Penguatan Tata Kelola dan Transformasi Digital
Hadir sebagai narasumber, Raden Hasan Basori, Wakil DPRD Kabupaten Cirebon, yang memberikan pemaparan mendalam mengenai urgensi transformasi digital dalam tata kelola organisasi mahasiswa. Kegiatan dipandu oleh moderator Ahmad Ridho Illah.
Dalam paparannya, Raden Hasan Basori menegaskan bahwa transformasi digital menjadi kebutuhan mendesak dalam pengelolaan organisasi modern.
“Transformasi digital bukan lagi pilihan, melainkan kebutuhan.
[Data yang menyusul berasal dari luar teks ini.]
-- ===== src/Web/Provider.antt =====
-- TenderizeProvider of src/contexts/tenderize.tsx: the state of the pool that the components see.
use marinade_tenderize_from.Prelude.{◌≡◌, refl, Option, none, some, List, [], ◌∷◌, All}
use marinade_tenderize_from.Effect.{ok, err, pure}
use marinade_tenderize_from.Web3.{Web3, AccountInfo}
use marinade_tenderize_from.Pool.Client.{Program, Session}
use marinade_tenderize_from.Pool.Reading.{state_of}
use marinade_tenderize_from.Web.Layout.{Libraries}
use marinade_tenderize_from.Web.Decode.{Decoders, DecoderLaws, ParsedTenderize, tenderize_parser}
use marinade_tenderize_from.Web.Agreement.{as_found, IsWhole, tenderize_parser-state_of}

-- What reaches the provider: the reply to getAccountInfo, or its failure, and changes.
pub data ProviderEvent : Type 0 where
  replied : (account : Option AccountInfo) → ProviderEvent
  failed : ProviderEvent
  changed : (account : AccountInfo) → ProviderEvent

module _ (l : Libraries) {K : Type 0} (r : Decoders l K) (stake_pool_id : K) where
  -- setTenderizeAccount(TenderizeParser(STAKE_POOL_ID, acc!)); a parser that throws sets nothing.
  unfoldable pub set_tenderize_account :
      Option AccountInfo → Option (ParsedTenderize l K) → Option (ParsedTenderize l K)
  set_tenderize_account account tenderize_account =
      elim (tenderize_parser l r stake_pool_id account) [
        | ok parsed ↦ parsed
        | err e ↦ tenderize_account
      ]

  unfoldable pub provider_step :
      ProviderEvent → Option (ParsedTenderize l K) → Option (ParsedTenderize l K)
  unfolding set_tenderize_account
  provider_step (replied account) tenderize_account =
      set_tenderize_account account tenderize_account
  provider_step failed tenderize_account = tenderize_account
  provider_step (changed account) tenderize_account =
      set_tenderize_account (some account) tenderize_account

  unfoldable pub provider_run :
      List ProviderEvent → Option (ParsedTenderize l K) → Option (ParsedTenderize l K)
  unfolding provider_step
  provider_run [] tenderize_account = tenderize_account
  provider_run (e ∷ es) tenderize_account = provider_run es (provider_step e tenderize_account)

-- The account that reached the provider last.
unfoldable pub arrived : ProviderEvent → Option AccountInfo → Option AccountInfo
arrived (replied account) before = account
arrived failed before = before
arrived (changed account) before = some account

unfoldable pub last_arrived : List ProviderEvent → Option AccountInfo → Option AccountInfo
unfolding arrived
last_arrived [] before = before
last_arrived (e ∷ es) before = last_arrived es (arrived e before)

module _ (w : Web3) (l : Libraries) (r : Decoders l w.PublicKey) (laws : DecoderLaws r)
    (same_key : (bs : List _) → r.new_public_key bs ≡ w.new_public_key bs) where
  abbrev pub BringsWhole : ProviderEvent → Type 0
  BringsWhole (replied account) = IsWhole w l account
  BringsWhole failed = Unit
  BringsWhole (changed account) = IsWhole w l (some account)

  module _ (prog : Program w) (pool : w.PublicKey) (s : Session w) where
    -- The provider shows what the client reads of this account.
    abbrev Shows : Option AccountInfo → Option (ParsedTenderize l w.PublicKey) → Type 0
    Shows account shown = state_of w prog account s ≡ (ok (as_found w l shown), s)

    set_tenderize_account-Shows :
        (account : Option AccountInfo) (shown : Option (ParsedTenderize l w.PublicKey))
        → IsWhole w l account
        → Shows account (set_tenderize_account l r pool account shown)
    unfolding set_tenderize_account
    set_tenderize_account-Shows account shown h =
        let (parsed, decoded, read, of_account) =
          tenderize_parser-state_of w l r laws same_key prog pool account s h in
        rw (set_tenderize_account, decoded) read

    provider_step-Shows :
        (e : ProviderEvent) (account : Option AccountInfo)
        (shown : Option (ParsedTenderize l w.PublicKey))
        → BringsWhole e
        → Shows account shown
        → Shows (arrived e account) (provider_step l r pool e shown)
    unfolding provider_step arrived
    provider_step-Shows (replied account') account shown h k =
        set_tenderize_account-Shows account' shown h
    provider_step-Shows failed account shown h k = k
    provider_step-Shows (changed account') account shown h k =
        set_tenderize_account-Shows (some account') shown h

    provider_run-Shows :
        (es : List ProviderEvent) (account : Option AccountInfo)
        (shown : Option (ParsedTenderize l w.PublicKey))
        → All BringsWhole es
        → Shows account shown
        → Shows (last_arrived es account) (provider_run l r pool es shown)
    unfolding provider_run last_arrived
    provider_run-Shows [] account shown h k = k
    provider_run-Shows (e ∷ es) account shown (h, hs) k =
        provider_run-Shows es _ _ hs (provider_step-Shows e account shown h k)

    -- Under the conditions on the libraries and the accounts that come in: whatever the order of the
    -- replies, failures and changes, the provider shows what parseState of the client reads of the
    -- account that came in last.
    pub provider_run-state_of :
        (es : List ProviderEvent)
        → All BringsWhole es
        → state_of w prog (last_arrived es none) s
          ≡ (ok (as_found w l (provider_run l r pool es none)), s)
    unfolding state_of pure
    provider_run-state_of es h = provider_run-Shows es none none h refl
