-- ===== src/Examples/Decoding.antt =====
-- The decoders of src/utils/layout.ts with concrete libraries.
use marinade_tenderize_from.Prelude.{
  ℕ, zero, suc, ◌+◌, ◌/◌, ◌^◌, ◌≡◌, ◌<◌, ◌≤◌, refl, ◌∙◌, inl, inr, Option, none, some, false, List,
  [], ◌∷◌, ◌++◌, arith, ltb, if◌then◌else◌, length, take, replicate, flatten, All, All-append,
  lt→ltb, Bool-cases, ap,
}
use native.Mathlib.Nat.{pow-suc, zero-add}
use marinade_tenderize_from.Effect.{ok}
use marinade_tenderize_from.Buffer.{◌>>=◌, slice, copy, le_bytes, of_le, read_uint_le, write_uint8}
use marinade_tenderize_from.Buffer.Bytes.{length-le_bytes, of_le-le_bytes}
use marinade_tenderize_from.Web3.{AccountInfo}
use marinade_tenderize_from.Pool.Reading.{state_of}
use marinade_tenderize_from.Web.Layout.{
  Libraries, LibraryLaws, reversed, tenderize_layout, span, uint64_encode, uint128_encode,
}
use marinade_tenderize_from.Web.Decode.{
  Decoders, DecoderLaws, ParsedTenderize, of_hex, uint64_decode, uint128_decode, tenderize_parser,
}
use marinade_tenderize_from.Web.Numbers.{IsNumberAt, uint_round_trip}
use marinade_tenderize_from.Web.Agreement.{as_found, IsOf, tenderize_parser-state_of}
use marinade_tenderize_from.Web.Provider.{
  ProviderEvent, replied, failed, changed, last_arrived, provider_run, provider_run-state_of,
}
use marinade_tenderize_from.Examples.Builders.{in_order}
use marinade_tenderize_from.Examples.Network.{
  Key, key, calm_network, client, start, state_parts, state_contents,
}

-- How many bytes a number is written in: seven below 2 ^ 53.
unfoldable width : ℕ → ℕ
width n = if ltb n (2 ^ 53) then 7 else n

self_lt : (n : ℕ) → n < 256 ^ n
self_lt zero = omega arith
self_lt (suc n) = omega (arith, self_lt n, pow-suc 256 n)

width_fits : (n : ℕ) → n < 256 ^ width n
unfolding width
width_fits n = elim (Bool-cases (ltb n (2 ^ 53))) [
  | inl e ↦ rw e (ground arith)
  | inr e ↦ rw e (self_lt n)
]

reversed-append : (bs : List ℕ) (b : ℕ) → reversed (bs ++ (b ∷ [])) ≡ b ∷ reversed bs
unfolding reversed
reversed-append [] b = refl
reversed-append (c ∷ bs) b = rw (reversed-append bs b) refl

reversed-reversed : (bs : List ℕ) → reversed (reversed bs) ≡ bs
unfolding reversed
reversed-reversed [] = refl
reversed-reversed (b ∷ bs) =
    reversed-append (reversed bs) b ∙ ap (λ l. b ∷ l) (reversed-reversed bs)

le_bytes-IsByte : (size n : ℕ) → All (λ b. b < 256) (le_bytes size n)
unfolding le_bytes
le_bytes-IsByte zero n = tt
le_bytes-IsByte (suc size) n = (omega arith, le_bytes-IsByte size (n / 256))

abbrev wide_libraries : Libraries
wide_libraries = record {
  BigNumber = ℕ;
  new_big_number = λ n. n;
  to_array = λ n. reversed (le_bytes (width n) n);
  u8_encode = λ b d p. write_uint8 b p d >>= λ r. ok r.1;
  blob_encode = λ size bs d p. ok (copy bs d p).1;
  struct_encode = λ fields d. in_order fields 0 d;
}

wide_value : (n : ℕ) → of_le (reversed (reversed (le_bytes (width n) n))) ≡ n
wide_value n =
    rw (reversed-reversed (le_bytes (width n) n)) (of_le-le_bytes (width n) n (width_fits n))

wide_short : (n : ℕ) → n < 2 ^ 53 → length (reversed (reversed (le_bytes (width n) n))) ≤ 8
unfolding width
wide_short n h =
    rw (reversed-reversed (le_bytes (width n) n), length-le_bytes (width n) n, lt→ltb n (2 ^ 53) h)
      (omega arith)

wide_bytes : (n : ℕ) → All (λ b. b < 256) (reversed (reversed (le_bytes (width n) n)))
wide_bytes n = rw (reversed-reversed (le_bytes (width n) n)) (le_bytes-IsByte (width n) n)

wide_laws : LibraryLaws wide_libraries
wide_laws = record {
  array-value = λ n h. wide_value n;
  array-short = wide_short;
  u8_encode-writes = λ b p d d' p' h. rw h refl;
  blob_encode-copies = λ size bs d p e h. refl;
  struct_encode-fields = λ s s' e e' d. rw (zero-add s) refl;
}

abbrev decoders : Decoders wide_libraries Key
decoders = record {
  u8_decode = read_uint_le 1;
  blob_decode = λ n d p. ok (slice d p (p + n));
  field_offset = λ ss i. span (take i ss);
  big_number_of_hex = λ digits. of_hex 0 digits;
  new_public_key = λ bs. key (of_le bs);
}

decoder_laws : DecoderLaws decoders
decoder_laws = record {
  u8_decode-reads = λ d p h. refl;
  blob_decode-slices = λ n d p h. refl;
  field_offset-sums = λ ss i. refl;
  big_number_of_hex-value = λ digits h. wide_value (of_hex 0 digits);
  array-bytes = wide_bytes;
}

uint_round_trip_example :
    IsNumberAt wide_laws decoders decoder_laws 8 1000 2
      (replicate 12 9)
      (uint64_encode wide_libraries 1000 (replicate 12 9) 2)
      (uint64_decode wide_libraries decoders)
    × IsNumberAt wide_laws decoders decoder_laws 16 1000 2
        (replicate 18 9)
        (uint128_encode wide_libraries 1000 (replicate 18 9) 2)
        (uint128_decode wide_libraries decoders)
uint_round_trip_example =
    uint_round_trip wide_laws decoders decoder_laws 1000 2 (replicate 12 9) (replicate 18 9)
      (omega arith) (omega arith) (omega arith)

All-parts : (P : ℕ → Type 0) (xss : List (List ℕ)) → All (All P) xss → All P (flatten xss)
All-parts P [] h = tt
All-parts P (xs ∷ xss) (h, hs) = All-append P xs (flatten xss) h (All-parts P xss hs)

state_bytes : All (λ b. b < 256) state_contents
state_bytes = All-parts _ state_parts (
  (omega arith, tt),
  (
    le_bytes-IsByte 32 7,
    (
      (omega arith, (omega arith, tt)),
      (
        le_bytes-IsByte 32 2,
        (
          le_bytes-IsByte 32 3,
          (
            le_bytes-IsByte 32 4,
            (
              le_bytes-IsByte 32 5,
              (
                le_bytes-IsByte 32 6,
                (
                  le_bytes-IsByte 32 8,
                  (
                    (omega arith, (omega arith, (omega arith, (omega arith, (omega arith, tt))))),
                    (
                      le_bytes-IsByte 8 100,
                      (
                        le_bytes-IsByte 8 90,
                        (le_bytes-IsByte 8 3, (le_bytes-IsByte 8 100, (le_bytes-IsByte 8 3, tt))),
                      ),
                    ),
                  ),
                ),
              ),
            ),
          ),
        ),
      ),
    ),
  ),
)

abbrev pool_account : AccountInfo
pool_account = record { lamports = 1; owner_is_system = false; contents = state_contents }

state_size : span tenderize_layout ≤ length state_contents
unfolding le_bytes
state_size = omega arith

tenderize_parser-state_of_example :
    (parsed : Option (ParsedTenderize wide_libraries Key)) × (tenderize_parser wide_libraries
        decoders
        (key 1)
        (some pool_account)
      ≡ ok parsed)
    × (state_of calm_network client (some pool_account) start
        ≡ (ok (as_found calm_network wide_libraries parsed), start))
    × IsOf calm_network wide_libraries (key 1) (some pool_account) parsed
tenderize_parser-state_of_example =
    tenderize_parser-state_of calm_network wide_libraries decoders decoder_laws (λ bs. refl) client
      (key 1) (some pool_account) start (state_bytes, inr state_size)

-- The reply comes late, behind a change.
abbrev late_reply : List ProviderEvent
late_reply = changed pool_account ∷ replied none ∷ failed ∷ []

provider_run-state_of_example :
    state_of calm_network client (last_arrived late_reply none) start ≡ (
      ok (
          as_found calm_network wide_libraries
            (provider_run wide_libraries decoders (key 1) late_reply none)),
      start,
    )
provider_run-state_of_example =
    provider_run-state_of calm_network wide_libraries decoders decoder_laws (λ bs. refl) client
      (key 1) start late_reply ((state_bytes, inr state_size), (tt, (tt, tt)))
ORMAWA harus mampu mengasimilasikan media digital dalam tata kelola organisasi agar lebih transparan, responsif, dan terhubung dengan kebutuhan mahasiswa,” ujarnya.
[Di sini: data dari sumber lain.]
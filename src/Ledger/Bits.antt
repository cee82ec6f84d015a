-- ===== src/Ledger/Bits.antt =====
-- The bitwise operations of src/wallet-adapters/ledger/core.ts.
use marinade_tenderize_from.Prelude.{ℕ, ◌+◌, ◌/◌, ◌%◌, ◌==◌, if◌then◌else◌}

-- `n | bit`, for a power of two
unfoldable pub with_bit : ℕ → ℕ → ℕ
with_bit bit n = if (n / bit) % 2 == 1 then n else n + bit
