-- ===== src/Ledger/Device.antt =====
-- The commands to the device, and the requests made of them: ledgerSend, signBytes,
-- signTransaction and getPublicKey of src/wallet-adapters/ledger/core.ts.
use marinade_tenderize_from.Prelude.{
  ℕ, zero, suc, ◌+◌, ◌-◌, true, false, List, [], ◌∷◌, ◌++◌, ltb, ◌==◌, not, length, take, drop,
}
use marinade_tenderize_from.Effect.{
  Result, ok, err, rejected, unexpected_reply, M, pure, lift, throw_if, ◌>>=◌, ◌>>◌,
}
use marinade_tenderize_from.Buffer.{Buffer, alloc, slice, write_uint8}
use marinade_tenderize_from.Web3.{Reply, fulfilled, refused}
use marinade_tenderize_from.Ledger.Bits.{with_bit}

abbrev pub ins_get_pubkey : ℕ
ins_get_pubkey = 5

abbrev pub ins_sign_message : ℕ
ins_sign_message = 6

abbrev pub p1_non_confirm : ℕ
p1_non_confirm = 0

abbrev pub p1_confirm : ℕ
p1_confirm = 1

abbrev pub p2_extend : ℕ
p2_extend = 1

abbrev pub p2_more : ℕ
p2_more = 2

abbrev pub max_payload : ℕ
max_payload = 255

abbrev pub ledger_cla : ℕ
ledger_cla = 224

-- What transport.send takes.
pub record Command : Type 0 where
  pub cla : ℕ
  pub instruction : ℕ
  pub p1 : ℕ
  pub p2 : ℕ
  pub chunk : List ℕ

-- The device, as it stands when a command comes, and its reply.
module _ (Device : Type 0) (transport_send : Command → Device → Reply (List ℕ) × Device) where
  -- The device, and the commands that were sent, the last one last.
  pub record Session : Type 0 where
    pub device : Device
    pub sent : List Command

  unfoldable pub answered : {A : Type 0} → Reply A → Result A
  answered (fulfilled a) = ok a
  answered refused = err rejected

  unfoldable pub send : Command → M Session (List ℕ)
  unfolding answered
  send c s =
      let (r, device') = transport_send c s.device in
      (answered r, record { device = device'; sent = s.sent ++ (c ∷ []) })

  unfoldable pub command : ℕ → ℕ → ℕ → List ℕ → Command
  command instruction p1 p2 chunk = record {
    cla = ledger_cla;
    instruction = instruction;
    p1 = p1;
    p2 = p2;
    chunk = chunk;
  }

  -- `while (payload.length - payloadOffset > MAX_PAYLOAD)`: p2 and the offset behind it.
  unfoldable pub send_full : ℕ → ℕ → ℕ → List ℕ → ℕ → ℕ → M Session (ℕ × ℕ)
  unfolding send with_bit command
  send_full zero instruction p1 payload p2 offset = pure (p2, offset)
  send_full (suc fuel) instruction p1 payload p2 offset =
      elim (ltb max_payload (length payload - offset)) [
        | false ↦ pure (p2, offset)
        | true ↦ do
          reply ← send (
              command instruction p1 (with_bit p2_more p2)
                (slice payload offset (offset + max_payload)))
          throw_if (not (length reply == 2)) unexpected_reply
          send_full fuel instruction p1 payload (with_bit p2_extend p2) (offset + max_payload)
      ]

  -- A round for each byte of the payload is enough.
  unfoldable pub ledger_send : ℕ → ℕ → List ℕ → M Session (List ℕ)
  unfolding send_full send command
  ledger_send instruction p1 payload = do
    (p2, offset) ← send_full (length payload) instruction p1 payload 0 0
    reply ← send (command instruction p1 p2 (drop offset payload))
    pure (take (length reply - 2) reply)

  unfoldable pub sign_bytes : List ℕ → Buffer → M Session (List ℕ)
  unfolding ledger_send
  sign_bytes bytes derivation_path = do
    (p, num_paths) ← lift (write_uint8 1 0 (alloc 1))
    ledger_send ins_sign_message p1_confirm (num_paths ++ (derivation_path ++ bytes))

  -- `message` is what transaction.serializeMessage() gives.
  unfoldable pub sign_transaction : List ℕ → Buffer → M Session (List ℕ)
  unfolding sign_bytes
  sign_transaction message derivation_path = sign_bytes message derivation_path

  unfoldable pub get_public_key : {K : Type 0} → (List ℕ → K) → Buffer → M Session K
  unfolding ledger_send
  get_public_key new_public_key derivation_path = do
    bytes ← ledger_send ins_get_pubkey p1_non_confirm derivation_path
    pure (new_public_key bytes)
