-- ===== src/Middleware.antt =====
-- app/middleware: what a request passes on its way to the routes.
pub mod Http
pub mod AccessGuard
pub mod OriginGuard
pub mod RateLimiter
pub mod SecurityHeaders
pub mod RequestLogger
pub mod Stack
Ia juga menambahkan bahwa peran legislatif mahasiswa perlu diperkuat melalui pemanfaatan teknologi digital sebagai instrumen pengawasan dan akuntabilitas.
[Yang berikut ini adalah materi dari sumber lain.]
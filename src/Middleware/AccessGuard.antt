-- ===== src/Middleware/AccessGuard.antt =====
-- app/middleware/access_guard.py
pub mod Bypass
pub mod Scopes
pub mod Admission
use mcp_agent_gateway.Base.{
  split, lower_starts_with, drop_chars, rstrip, rsplit_head, or_else, String, string_eq, ◌<>◌,
  starts_with, ◌==◌, contains, Bool, true, false, ◌&&◌, ◌||◌, Option, none, some, List, [], ◌∷◌,
  ◌++◌, if◌then◌else◌,
}
use mcp_agent_gateway.Base.Dict.{Dict, lookup}
use mcp_agent_gateway.Base.Result.{Result, ok, raise}
use mcp_agent_gateway.Identity.TokenValidator.{Claims, ValidateError, value_error, uncaught}
use mcp_agent_gateway.Middleware.Http.{Request, Response, App}

abbrev pub scopes_supported : String
scopes_supported = "mcp:google:read mcp:slack:read mcp:admin:read"

abbrev pub client_id : String
client_id = "mcp-gateway"

abbrev pub role_scope_map : Dict String String
role_scope_map =
    ("drive-user", "mcp:google:read")
    ∷ ("slack-user", "mcp:slack:read")
    ∷ ("admin-user", "mcp:admin:read")
    ∷ []

abbrev pub auth_bypass_exact : List String
auth_bypass_exact = "/openapi.json" ∷ "/oauth/authorize" ∷ []

abbrev pub auth_bypass_prefixes : List String
auth_bypass_prefixes = "/health" ∷ "/.well-known" ∷ "/docs" ∷ "/webhooks" ∷ []

-- the `any(...)` over the prefixes
unfoldable pub under_any : String → List String → Bool
under_any path [] = false
under_any path (p ∷ ps) = (path == p || starts_with path (p <> "/")) || under_any path ps

unfoldable pub is_bypass_path : String → Bool
is_bypass_path path = contains auth_bypass_exact path || under_any path auth_bypass_prefixes

unfoldable pub unauthorized : String → Response
unfolding rstrip rsplit_head
unauthorized expected_audience = record {
  status_code = 401;
  content = ("detail", "Unauthorized") ∷ [];
  headers =
      (
        "WWW-Authenticate",
        "Bearer resource_metadata=\""
            <> rsplit_head "/" (rstrip "/" expected_audience)
            <> "/.well-known/oauth-protected-resource\", scope=\""
            <> scopes_supported
            <> "\"",
      )
      ∷ [];
}

-- `claims.get("resource_access", {}).get(_CLIENT_ID, {}).get("roles", [])`
unfoldable pub client_roles : Claims → List String
unfolding or_else
client_roles claims =
    or_else (or_else (lookup client_id (or_else claims.resource_access [])) none) []

-- `{_ROLE_SCOPE_MAP[r] for r in client_roles if r in _ROLE_SCOPE_MAP}`
unfoldable pub mapped_roles : List String → List String
mapped_roles [] = []
mapped_roles (r ∷ rs) =
    let rest = mapped_roles rs in
    elim (lookup r role_scope_map) [ none ↦ rest | some scope ↦ scope ∷ rest ]

-- the set `scopes`
unfoldable pub granted_scopes : Claims → List String
granted_scopes claims = split (or_else claims.scope "") ++ mapped_roles (client_roles claims)

-- the request that goes on, with its user and its context
unfoldable pub with_user : Claims → Request → Request
with_user claims request = record request {
  user = some (record { id = claims.sub; scopes = granted_scopes claims; token = claims });
  context = record {
    current_user_id = some claims.sub;
    current_user_scopes = granted_scopes claims;
  };
}

module _ {W : Type 0} (expected_audience : String) (validate : String → Result ValidateError Claims)
    (call_next : App W) where
  -- from the validation on
  unfoldable pub admit : Result ValidateError Claims → App W
  admit (raise (value_error m)) request w = (ok (unauthorized expected_audience), w)
  admit (raise (uncaught e)) request w = (raise e, w)
  admit (ok claims) request w = call_next (with_user claims request) w

  unfoldable pub dispatch : App W
  unfolding admit or_else
  dispatch request w =
      if is_bypass_path request.path
      then call_next request w
      else if lower_starts_with (or_else request.authorization "") "bearer "
      then admit (validate (drop_chars 7 (or_else request.authorization ""))) request w
      else (ok (unauthorized expected_audience), w)
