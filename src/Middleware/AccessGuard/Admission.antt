-- ===== src/Middleware/AccessGuard/Admission.antt =====
-- Who reaches the application behind the guard.
use mcp_agent_gateway.Base.{
  String, drop_chars, lower_starts_with, true, false, some, ◌≡◌, refl, ◌⊎◌, inl, inr, Bool-cases,
  Option-cases, arith,
}
use mcp_agent_gateway.Base.Result.{Result, ok, raise}
use mcp_agent_gateway.Identity.TokenValidator.{Claims, ValidateError, value_error, uncaught}
use mcp_agent_gateway.Middleware.Http.{Request, App}
use mcp_agent_gateway.Middleware.AccessGuard.{
  is_bypass_path, unauthorized, with_user, admit, dispatch,
}

no_bearer : lower_starts_with "" "bearer " ≡ false
unfolding lower_starts_with
no_bearer = refl

module _ {W : Type 0} (aud : String) (validate : String → Result ValidateError Claims)
    (next : App W) where
  admit_cases :
      (r : Result ValidateError Claims) (request : Request) (w : W)
      → (admit aud validate next r request w ≡ (ok (unauthorized aud), w))
        ⊎ (((claims : Claims) × (r ≡ ok claims)
              × (admit aud validate next r request w ≡ next (with_user claims request) w))
            ⊎ ((e : String) × (r ≡ raise (uncaught e))
                × (admit aud validate next r request w ≡ (raise e, w))))
  unfolding admit
  admit_cases (ok claims) request w = inr (inl (claims, refl, refl))
  admit_cases (raise (value_error m)) request w = inl refl
  admit_cases (raise (uncaught e)) request w = inr (inr (e, refl, refl))

  -- A request for a path that needs a token ends in one of three ways. It is answered 401 and nothing
  -- happens; or its header is a bearer header whose token is valid, and the application runs with the
  -- user and the scopes of that token's claims; or the validation raised something else than a
  -- `ValueError`, which goes on as it is.
  pub dispatch_admission :
      (request : Request) (w : W)
      → is_bypass_path request.path ≡ false
      → (dispatch aud validate next request w ≡ (ok (unauthorized aud), w))
        ⊎ (((header : String) × (claims : Claims) × (request.authorization ≡ some header)
              × (lower_starts_with header "bearer " ≡ true)
              × (validate (drop_chars 7 header) ≡ ok claims)
              × (dispatch aud validate next request w ≡ next (with_user claims request) w))
            ⊎ ((header : String) × (e : String) × (request.authorization ≡ some header)
                × (validate (drop_chars 7 header) ≡ raise (uncaught e))
                × (dispatch aud validate next request w ≡ (raise e, w))))
  unfolding dispatch
  dispatch_admission request w h = elim (Option-cases request.authorization) [
    | inl missing ↦ inl (ground (arith, no_bearer))
    | inr (header, p) ↦ elim (Bool-cases (lower_starts_with header "bearer ")) [
      | inr other ↦ inl (ground arith)
      | inl bearer ↦ elim (admit_cases (validate (drop_chars 7 header)) request w) [
        | inl e ↦ inl (ground arith)
        | inr (inl (claims, good, run)) ↦ inr (inl (header, claims, p, bearer, good, ground arith))
        | inr (inr (e, bad, run)) ↦ inr (inr (header, e, p, bad, ground arith))
      ]
    ]
  ]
“Di era Society 5.0, legislatif mahasiswa dituntut tidak hanya menjalankan fungsi pengawasan, tetapi juga memanfaatkan teknologi digital sebagai instrumen kontrol, publikasi, dan akuntabilitas yang terbuka,” tegasnya.
Melalui pemaparan materi, diskusi interaktif, dan sesi tanya jawab, peserta diajak memahami pentingnya tata kelola organisasi yang transparan, akuntabel, serta adaptif terhadap perkembangan media digital.
Sambutan Dekan FITK
Dekan FITK UIN Siber Syekh Nurjati Cirebon, Saifuddin, dalam sambutannya menyampaikan bahwa seminar ini menjadi langkah konkret dalam membangun kepemimpinan mahasiswa yang visioner dan responsif terhadap perkembangan zaman.
“Kepemimpinan ORMAWA harus dibangun di atas fondasi tata kelola yang profesional, transparan, dan berintegritas. Era Society 5.0 menuntut mahasiswa tidak hanya aktif secara struktural, tetapi juga cakap dalam memanfaatkan teknologi digital sebagai bagian dari sistem organisasi,” ungkapnya.
Ia berharap kegiatan ini mampu melahirkan pemimpin-pemimpin mahasiswa yang adaptif, kolaboratif, dan memiliki daya saing di tengah dinamika transformasi digital.
Optimalisasi Peran Legislatif Mahasiswa
Seminar ini menekankan pentingnya optimalisasi fungsi legislatif mahasiswa sebagai pengawas, pengontrol, dan penyeimbang kebijakan eksekutif dalam struktur ORMAWA. Dengan tata kelola yang baik dan dukungan media digital, diharapkan tercipta sistem organisasi yang lebih profesional, kolaboratif, dan relevan dengan tuntutan Era Society 5.0.
Melalui kegiatan ini, FITK UIN Siber Syekh Nurjati Cirebon menegaskan komitmennya dalam membangun budaya organisasi mahasiswa yang adaptif terhadap teknologi, kuat dalam tata kelola, serta mampu menjawab tantangan zaman.